MATERIAL PROVIDED ->
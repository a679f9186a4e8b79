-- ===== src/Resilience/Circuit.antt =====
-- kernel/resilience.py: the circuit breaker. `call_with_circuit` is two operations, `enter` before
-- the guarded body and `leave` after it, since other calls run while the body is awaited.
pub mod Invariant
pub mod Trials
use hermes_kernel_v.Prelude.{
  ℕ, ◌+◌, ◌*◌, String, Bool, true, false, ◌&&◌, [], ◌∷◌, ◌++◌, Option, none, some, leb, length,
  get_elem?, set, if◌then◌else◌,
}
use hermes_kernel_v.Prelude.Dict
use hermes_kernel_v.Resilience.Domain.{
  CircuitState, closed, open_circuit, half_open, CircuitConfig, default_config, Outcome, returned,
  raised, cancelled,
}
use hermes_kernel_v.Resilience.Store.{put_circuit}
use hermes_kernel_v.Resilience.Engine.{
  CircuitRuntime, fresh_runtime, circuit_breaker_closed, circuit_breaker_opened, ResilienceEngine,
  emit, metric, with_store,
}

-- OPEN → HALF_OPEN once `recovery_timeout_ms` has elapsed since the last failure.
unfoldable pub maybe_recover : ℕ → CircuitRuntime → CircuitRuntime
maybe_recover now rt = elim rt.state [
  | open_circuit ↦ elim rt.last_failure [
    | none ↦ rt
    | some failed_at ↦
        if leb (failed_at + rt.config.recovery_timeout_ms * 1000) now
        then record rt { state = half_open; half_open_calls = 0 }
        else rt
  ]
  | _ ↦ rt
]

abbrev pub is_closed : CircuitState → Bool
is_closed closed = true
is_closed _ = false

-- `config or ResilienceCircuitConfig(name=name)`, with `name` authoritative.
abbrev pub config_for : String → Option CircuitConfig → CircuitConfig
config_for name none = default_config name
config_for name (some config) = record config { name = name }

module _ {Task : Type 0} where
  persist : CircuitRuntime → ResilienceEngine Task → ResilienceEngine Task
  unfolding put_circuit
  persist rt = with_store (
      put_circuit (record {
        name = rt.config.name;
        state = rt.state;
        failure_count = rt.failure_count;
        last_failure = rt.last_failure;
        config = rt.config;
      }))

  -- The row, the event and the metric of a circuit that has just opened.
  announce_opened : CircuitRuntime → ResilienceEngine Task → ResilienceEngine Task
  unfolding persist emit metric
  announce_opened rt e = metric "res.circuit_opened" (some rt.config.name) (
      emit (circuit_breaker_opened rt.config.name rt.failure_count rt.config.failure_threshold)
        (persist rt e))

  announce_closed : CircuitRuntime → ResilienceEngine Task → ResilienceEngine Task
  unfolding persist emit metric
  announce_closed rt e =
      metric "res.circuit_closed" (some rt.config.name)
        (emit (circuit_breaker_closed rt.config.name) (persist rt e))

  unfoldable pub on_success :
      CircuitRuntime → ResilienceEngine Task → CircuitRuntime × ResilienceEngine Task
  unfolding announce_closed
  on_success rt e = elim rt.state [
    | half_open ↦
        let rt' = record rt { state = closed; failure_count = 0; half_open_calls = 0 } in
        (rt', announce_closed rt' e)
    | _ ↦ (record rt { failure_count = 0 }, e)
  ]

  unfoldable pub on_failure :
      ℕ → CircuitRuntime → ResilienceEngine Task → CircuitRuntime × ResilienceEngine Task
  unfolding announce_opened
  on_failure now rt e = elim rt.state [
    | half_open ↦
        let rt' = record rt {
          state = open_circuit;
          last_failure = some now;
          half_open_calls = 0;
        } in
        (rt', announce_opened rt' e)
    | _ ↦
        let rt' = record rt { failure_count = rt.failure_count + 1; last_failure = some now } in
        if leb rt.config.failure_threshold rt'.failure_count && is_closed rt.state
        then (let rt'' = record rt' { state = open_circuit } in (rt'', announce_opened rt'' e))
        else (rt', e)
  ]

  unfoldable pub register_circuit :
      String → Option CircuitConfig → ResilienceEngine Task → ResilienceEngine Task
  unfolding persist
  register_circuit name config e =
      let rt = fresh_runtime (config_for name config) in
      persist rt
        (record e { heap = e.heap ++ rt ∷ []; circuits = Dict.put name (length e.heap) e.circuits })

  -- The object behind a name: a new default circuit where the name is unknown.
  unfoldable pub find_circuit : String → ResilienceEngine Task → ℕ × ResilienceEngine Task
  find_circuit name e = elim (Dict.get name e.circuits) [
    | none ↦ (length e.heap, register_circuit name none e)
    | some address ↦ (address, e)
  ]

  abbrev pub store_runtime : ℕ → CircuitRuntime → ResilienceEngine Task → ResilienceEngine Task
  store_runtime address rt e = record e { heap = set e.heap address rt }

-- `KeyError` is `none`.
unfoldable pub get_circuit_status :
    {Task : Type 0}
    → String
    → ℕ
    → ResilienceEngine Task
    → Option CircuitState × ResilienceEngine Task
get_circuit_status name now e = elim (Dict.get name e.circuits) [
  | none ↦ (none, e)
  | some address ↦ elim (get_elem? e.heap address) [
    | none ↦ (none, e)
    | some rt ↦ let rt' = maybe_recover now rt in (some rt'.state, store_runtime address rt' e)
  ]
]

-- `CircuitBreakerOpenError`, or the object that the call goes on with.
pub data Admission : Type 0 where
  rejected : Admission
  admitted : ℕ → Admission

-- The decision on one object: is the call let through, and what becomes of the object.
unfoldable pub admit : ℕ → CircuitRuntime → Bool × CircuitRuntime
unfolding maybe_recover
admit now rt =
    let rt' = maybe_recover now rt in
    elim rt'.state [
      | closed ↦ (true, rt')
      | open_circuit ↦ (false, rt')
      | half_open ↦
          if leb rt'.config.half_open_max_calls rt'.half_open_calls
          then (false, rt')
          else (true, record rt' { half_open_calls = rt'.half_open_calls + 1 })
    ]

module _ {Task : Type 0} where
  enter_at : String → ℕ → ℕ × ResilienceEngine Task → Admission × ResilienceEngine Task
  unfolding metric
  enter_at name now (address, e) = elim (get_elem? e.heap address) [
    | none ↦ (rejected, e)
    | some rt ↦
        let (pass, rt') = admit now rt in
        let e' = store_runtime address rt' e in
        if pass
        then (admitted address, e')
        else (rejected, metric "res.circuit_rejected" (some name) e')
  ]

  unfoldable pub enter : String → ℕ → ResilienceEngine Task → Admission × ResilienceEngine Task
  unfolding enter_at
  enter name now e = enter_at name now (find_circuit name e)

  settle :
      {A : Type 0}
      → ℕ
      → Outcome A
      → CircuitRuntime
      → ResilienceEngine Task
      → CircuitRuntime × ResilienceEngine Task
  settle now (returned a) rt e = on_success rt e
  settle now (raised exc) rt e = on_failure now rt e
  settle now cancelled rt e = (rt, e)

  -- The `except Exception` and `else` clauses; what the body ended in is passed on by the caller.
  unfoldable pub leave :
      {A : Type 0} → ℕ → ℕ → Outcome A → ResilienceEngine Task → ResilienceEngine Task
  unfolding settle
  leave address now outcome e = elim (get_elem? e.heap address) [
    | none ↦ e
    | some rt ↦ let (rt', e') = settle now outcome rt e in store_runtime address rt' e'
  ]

* * *

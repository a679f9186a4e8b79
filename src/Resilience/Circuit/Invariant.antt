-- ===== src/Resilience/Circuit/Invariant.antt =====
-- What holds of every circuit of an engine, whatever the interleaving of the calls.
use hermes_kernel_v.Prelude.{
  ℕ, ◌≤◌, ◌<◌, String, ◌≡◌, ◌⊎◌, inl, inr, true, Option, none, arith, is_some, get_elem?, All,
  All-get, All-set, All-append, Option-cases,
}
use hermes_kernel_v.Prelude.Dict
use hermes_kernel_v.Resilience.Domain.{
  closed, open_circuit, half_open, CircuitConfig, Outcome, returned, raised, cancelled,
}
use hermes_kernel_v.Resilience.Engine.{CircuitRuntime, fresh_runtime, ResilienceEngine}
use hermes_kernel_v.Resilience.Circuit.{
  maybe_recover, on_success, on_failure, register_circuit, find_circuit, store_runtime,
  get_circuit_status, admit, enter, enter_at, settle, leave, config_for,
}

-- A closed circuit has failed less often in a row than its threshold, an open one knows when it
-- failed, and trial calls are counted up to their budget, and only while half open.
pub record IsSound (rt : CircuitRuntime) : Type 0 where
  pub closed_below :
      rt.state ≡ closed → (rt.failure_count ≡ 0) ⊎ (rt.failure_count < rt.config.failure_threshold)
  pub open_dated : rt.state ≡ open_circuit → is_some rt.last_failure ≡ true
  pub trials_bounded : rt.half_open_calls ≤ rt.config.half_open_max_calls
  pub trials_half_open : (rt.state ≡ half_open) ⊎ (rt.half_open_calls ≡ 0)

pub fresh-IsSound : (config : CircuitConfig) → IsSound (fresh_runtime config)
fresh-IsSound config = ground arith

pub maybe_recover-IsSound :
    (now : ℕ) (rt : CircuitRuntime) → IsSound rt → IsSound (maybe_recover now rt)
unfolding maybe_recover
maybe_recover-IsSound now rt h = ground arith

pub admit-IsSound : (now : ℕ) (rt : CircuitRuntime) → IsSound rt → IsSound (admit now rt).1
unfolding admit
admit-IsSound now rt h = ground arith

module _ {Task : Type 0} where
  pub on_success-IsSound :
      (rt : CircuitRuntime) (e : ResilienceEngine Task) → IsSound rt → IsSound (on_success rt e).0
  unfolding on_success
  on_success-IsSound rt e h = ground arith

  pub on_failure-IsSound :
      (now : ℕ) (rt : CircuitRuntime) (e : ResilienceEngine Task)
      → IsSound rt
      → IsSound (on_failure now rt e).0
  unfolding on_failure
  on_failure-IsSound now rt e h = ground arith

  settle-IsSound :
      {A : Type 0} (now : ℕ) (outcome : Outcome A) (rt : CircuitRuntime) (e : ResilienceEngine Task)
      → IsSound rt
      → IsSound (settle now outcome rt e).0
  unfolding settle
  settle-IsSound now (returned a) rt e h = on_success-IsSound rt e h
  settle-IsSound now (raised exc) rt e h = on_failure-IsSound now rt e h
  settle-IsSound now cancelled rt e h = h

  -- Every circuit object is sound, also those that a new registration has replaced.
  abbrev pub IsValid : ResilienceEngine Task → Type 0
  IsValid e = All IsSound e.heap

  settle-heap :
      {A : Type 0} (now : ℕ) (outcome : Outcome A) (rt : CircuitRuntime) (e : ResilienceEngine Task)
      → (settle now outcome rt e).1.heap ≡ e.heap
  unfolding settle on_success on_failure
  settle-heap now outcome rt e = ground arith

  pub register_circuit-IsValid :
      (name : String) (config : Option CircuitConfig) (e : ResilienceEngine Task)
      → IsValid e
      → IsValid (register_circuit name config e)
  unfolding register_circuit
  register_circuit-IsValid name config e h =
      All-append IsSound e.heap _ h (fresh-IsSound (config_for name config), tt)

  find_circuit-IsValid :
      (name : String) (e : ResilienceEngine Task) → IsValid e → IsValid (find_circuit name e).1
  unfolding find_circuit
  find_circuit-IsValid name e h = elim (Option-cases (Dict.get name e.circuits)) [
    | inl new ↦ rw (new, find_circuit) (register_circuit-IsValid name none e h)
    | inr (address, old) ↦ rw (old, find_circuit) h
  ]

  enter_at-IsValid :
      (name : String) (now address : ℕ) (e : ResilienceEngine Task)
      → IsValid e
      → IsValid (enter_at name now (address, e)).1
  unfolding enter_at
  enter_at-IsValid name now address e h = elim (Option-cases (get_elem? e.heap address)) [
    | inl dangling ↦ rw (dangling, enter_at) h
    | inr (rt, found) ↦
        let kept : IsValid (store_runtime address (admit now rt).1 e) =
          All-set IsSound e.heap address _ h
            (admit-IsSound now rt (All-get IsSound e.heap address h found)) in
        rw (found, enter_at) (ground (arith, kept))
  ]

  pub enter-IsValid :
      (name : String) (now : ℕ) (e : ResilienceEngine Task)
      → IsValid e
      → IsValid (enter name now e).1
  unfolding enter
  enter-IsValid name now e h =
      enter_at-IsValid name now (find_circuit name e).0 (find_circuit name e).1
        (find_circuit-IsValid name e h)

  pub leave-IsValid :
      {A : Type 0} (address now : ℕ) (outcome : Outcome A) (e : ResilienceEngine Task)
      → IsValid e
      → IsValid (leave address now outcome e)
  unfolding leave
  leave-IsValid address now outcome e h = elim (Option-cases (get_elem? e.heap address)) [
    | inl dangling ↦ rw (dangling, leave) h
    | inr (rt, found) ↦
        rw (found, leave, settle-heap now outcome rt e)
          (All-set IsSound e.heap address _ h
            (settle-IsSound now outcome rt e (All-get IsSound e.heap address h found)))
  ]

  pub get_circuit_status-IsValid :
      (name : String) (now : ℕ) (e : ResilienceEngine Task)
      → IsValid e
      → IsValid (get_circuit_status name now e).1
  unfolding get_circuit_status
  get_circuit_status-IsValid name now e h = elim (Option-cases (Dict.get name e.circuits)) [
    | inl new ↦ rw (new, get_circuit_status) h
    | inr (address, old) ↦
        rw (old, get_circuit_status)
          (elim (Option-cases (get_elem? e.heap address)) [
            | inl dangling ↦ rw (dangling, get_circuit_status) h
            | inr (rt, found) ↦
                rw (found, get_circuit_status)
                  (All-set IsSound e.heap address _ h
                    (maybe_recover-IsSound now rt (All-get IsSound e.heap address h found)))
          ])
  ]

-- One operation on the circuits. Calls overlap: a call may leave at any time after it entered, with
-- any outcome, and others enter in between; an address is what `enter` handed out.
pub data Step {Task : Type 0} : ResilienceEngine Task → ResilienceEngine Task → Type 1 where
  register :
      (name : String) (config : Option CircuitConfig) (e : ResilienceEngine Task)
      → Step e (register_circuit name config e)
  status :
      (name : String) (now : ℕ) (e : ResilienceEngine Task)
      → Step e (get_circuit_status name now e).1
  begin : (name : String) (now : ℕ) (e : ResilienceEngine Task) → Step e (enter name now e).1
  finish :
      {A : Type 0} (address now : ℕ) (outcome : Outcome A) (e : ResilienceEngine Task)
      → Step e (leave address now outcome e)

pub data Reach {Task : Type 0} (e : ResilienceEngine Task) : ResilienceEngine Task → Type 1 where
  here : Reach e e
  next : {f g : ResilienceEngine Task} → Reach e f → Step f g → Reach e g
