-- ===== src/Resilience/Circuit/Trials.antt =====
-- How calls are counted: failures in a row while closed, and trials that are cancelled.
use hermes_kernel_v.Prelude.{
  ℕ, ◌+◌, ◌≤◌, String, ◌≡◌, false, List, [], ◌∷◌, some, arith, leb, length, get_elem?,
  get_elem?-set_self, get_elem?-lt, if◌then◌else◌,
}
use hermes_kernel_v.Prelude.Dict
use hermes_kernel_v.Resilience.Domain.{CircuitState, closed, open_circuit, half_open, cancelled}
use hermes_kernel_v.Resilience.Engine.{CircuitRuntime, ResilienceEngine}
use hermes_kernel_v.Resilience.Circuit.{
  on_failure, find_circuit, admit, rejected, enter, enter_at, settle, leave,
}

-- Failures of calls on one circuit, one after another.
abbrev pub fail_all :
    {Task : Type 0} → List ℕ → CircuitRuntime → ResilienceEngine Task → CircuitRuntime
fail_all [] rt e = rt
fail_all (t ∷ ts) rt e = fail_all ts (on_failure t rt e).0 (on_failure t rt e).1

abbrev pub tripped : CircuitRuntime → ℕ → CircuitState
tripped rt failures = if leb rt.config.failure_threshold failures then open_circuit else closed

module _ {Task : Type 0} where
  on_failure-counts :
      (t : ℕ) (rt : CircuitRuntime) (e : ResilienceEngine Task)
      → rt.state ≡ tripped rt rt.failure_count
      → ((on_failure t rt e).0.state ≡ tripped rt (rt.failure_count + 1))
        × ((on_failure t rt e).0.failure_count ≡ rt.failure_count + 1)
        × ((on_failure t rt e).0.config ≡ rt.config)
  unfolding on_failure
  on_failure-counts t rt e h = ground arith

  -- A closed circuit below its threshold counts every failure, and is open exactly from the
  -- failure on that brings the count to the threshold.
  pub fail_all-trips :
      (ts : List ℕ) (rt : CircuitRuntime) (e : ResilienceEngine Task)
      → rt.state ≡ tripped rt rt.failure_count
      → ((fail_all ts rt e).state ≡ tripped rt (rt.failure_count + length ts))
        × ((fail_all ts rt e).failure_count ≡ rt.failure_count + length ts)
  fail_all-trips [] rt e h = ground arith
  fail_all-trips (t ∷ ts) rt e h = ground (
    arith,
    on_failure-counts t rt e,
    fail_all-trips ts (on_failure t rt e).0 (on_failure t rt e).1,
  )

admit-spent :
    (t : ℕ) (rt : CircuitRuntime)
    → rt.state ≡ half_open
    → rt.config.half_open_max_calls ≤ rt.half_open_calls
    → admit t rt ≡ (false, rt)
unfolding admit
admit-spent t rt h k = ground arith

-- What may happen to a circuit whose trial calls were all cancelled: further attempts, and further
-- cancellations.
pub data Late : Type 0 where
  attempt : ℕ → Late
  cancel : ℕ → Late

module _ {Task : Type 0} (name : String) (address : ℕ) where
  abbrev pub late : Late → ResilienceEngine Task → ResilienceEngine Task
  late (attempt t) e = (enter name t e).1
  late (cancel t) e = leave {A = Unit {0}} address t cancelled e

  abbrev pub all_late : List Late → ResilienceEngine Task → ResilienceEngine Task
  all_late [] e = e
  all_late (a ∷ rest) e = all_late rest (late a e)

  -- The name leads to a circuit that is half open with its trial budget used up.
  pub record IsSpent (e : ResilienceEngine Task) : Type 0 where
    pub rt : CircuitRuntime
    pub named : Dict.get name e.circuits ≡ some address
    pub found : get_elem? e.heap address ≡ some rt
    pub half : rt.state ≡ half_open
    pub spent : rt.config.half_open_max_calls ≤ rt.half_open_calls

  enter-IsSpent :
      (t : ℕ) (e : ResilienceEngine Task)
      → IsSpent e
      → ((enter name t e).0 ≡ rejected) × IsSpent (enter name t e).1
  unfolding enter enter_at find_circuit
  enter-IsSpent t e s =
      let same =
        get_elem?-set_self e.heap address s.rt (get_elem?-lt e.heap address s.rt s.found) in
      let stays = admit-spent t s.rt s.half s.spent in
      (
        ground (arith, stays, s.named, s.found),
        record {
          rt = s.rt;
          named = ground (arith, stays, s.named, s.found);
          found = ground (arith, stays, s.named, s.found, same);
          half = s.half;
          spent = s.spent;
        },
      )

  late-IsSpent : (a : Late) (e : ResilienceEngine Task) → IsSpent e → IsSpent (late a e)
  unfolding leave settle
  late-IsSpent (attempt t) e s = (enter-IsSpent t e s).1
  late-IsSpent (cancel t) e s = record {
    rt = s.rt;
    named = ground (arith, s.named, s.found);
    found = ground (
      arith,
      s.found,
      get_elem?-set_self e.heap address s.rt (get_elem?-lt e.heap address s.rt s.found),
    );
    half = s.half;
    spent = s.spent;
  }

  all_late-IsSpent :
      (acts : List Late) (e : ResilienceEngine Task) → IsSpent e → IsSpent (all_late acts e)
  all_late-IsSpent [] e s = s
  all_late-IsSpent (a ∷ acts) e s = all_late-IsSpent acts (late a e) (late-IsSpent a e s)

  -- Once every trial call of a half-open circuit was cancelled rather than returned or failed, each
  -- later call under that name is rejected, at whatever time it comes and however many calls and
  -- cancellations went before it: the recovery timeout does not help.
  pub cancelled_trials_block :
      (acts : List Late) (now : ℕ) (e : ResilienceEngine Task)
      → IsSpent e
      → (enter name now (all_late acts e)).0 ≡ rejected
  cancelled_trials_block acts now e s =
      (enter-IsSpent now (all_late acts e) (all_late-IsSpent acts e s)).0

...

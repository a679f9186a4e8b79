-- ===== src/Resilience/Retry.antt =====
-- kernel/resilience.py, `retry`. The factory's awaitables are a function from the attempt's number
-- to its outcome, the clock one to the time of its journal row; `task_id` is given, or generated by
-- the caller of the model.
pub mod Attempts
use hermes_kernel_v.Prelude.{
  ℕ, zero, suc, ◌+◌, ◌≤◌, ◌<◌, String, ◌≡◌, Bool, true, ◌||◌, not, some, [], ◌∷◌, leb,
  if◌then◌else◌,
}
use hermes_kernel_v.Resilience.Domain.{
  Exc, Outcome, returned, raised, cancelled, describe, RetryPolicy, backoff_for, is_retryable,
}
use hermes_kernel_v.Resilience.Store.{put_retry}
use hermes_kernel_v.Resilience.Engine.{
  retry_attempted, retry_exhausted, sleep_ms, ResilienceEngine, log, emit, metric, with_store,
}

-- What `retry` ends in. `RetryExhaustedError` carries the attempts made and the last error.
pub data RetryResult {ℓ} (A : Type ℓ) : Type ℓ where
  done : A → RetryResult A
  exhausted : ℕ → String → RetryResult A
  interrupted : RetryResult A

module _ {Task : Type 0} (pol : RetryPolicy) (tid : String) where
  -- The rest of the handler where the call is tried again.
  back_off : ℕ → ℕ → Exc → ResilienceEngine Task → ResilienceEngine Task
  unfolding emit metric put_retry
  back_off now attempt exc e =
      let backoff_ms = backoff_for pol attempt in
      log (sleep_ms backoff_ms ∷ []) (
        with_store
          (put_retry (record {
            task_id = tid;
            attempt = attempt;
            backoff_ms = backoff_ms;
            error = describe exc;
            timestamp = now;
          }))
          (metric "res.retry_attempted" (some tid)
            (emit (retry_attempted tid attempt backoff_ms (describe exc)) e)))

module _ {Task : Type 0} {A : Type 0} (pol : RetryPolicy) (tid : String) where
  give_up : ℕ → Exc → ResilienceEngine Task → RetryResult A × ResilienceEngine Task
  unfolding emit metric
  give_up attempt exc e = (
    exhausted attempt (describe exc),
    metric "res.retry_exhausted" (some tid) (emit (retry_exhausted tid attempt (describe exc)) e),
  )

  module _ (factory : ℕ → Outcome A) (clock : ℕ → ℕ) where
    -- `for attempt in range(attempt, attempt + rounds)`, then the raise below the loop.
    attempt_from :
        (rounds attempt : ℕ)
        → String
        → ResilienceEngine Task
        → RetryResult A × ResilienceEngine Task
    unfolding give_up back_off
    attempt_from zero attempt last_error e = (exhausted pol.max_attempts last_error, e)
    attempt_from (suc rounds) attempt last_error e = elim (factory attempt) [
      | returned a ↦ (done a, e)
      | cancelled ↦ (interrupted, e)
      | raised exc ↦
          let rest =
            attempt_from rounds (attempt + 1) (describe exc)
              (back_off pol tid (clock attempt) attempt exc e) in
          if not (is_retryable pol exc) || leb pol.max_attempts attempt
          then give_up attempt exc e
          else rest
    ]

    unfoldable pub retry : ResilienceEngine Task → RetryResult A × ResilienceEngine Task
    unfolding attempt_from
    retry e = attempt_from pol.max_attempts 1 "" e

EXERCISE PROMPT ->
Every line in the material above that has the word "abbrev" should be copied.

EXERCISE ANSWER ->
abbrev pub is_closed : CircuitState → Bool
abbrev pub config_for : String → Option CircuitConfig → CircuitConfig
  abbrev pub store_runtime : ℕ → CircuitRuntime → ResilienceEngine Task → ResilienceEngine Task
  abbrev pub IsValid : ResilienceEngine Task → Type 0
abbrev pub fail_all :
abbrev pub tripped : CircuitRuntime → ℕ → CircuitState
  abbrev pub late : Late → ResilienceEngine Task → ResilienceEngine Task
  abbrev pub all_late : List Late → ResilienceEngine Task → ResilienceEngine Task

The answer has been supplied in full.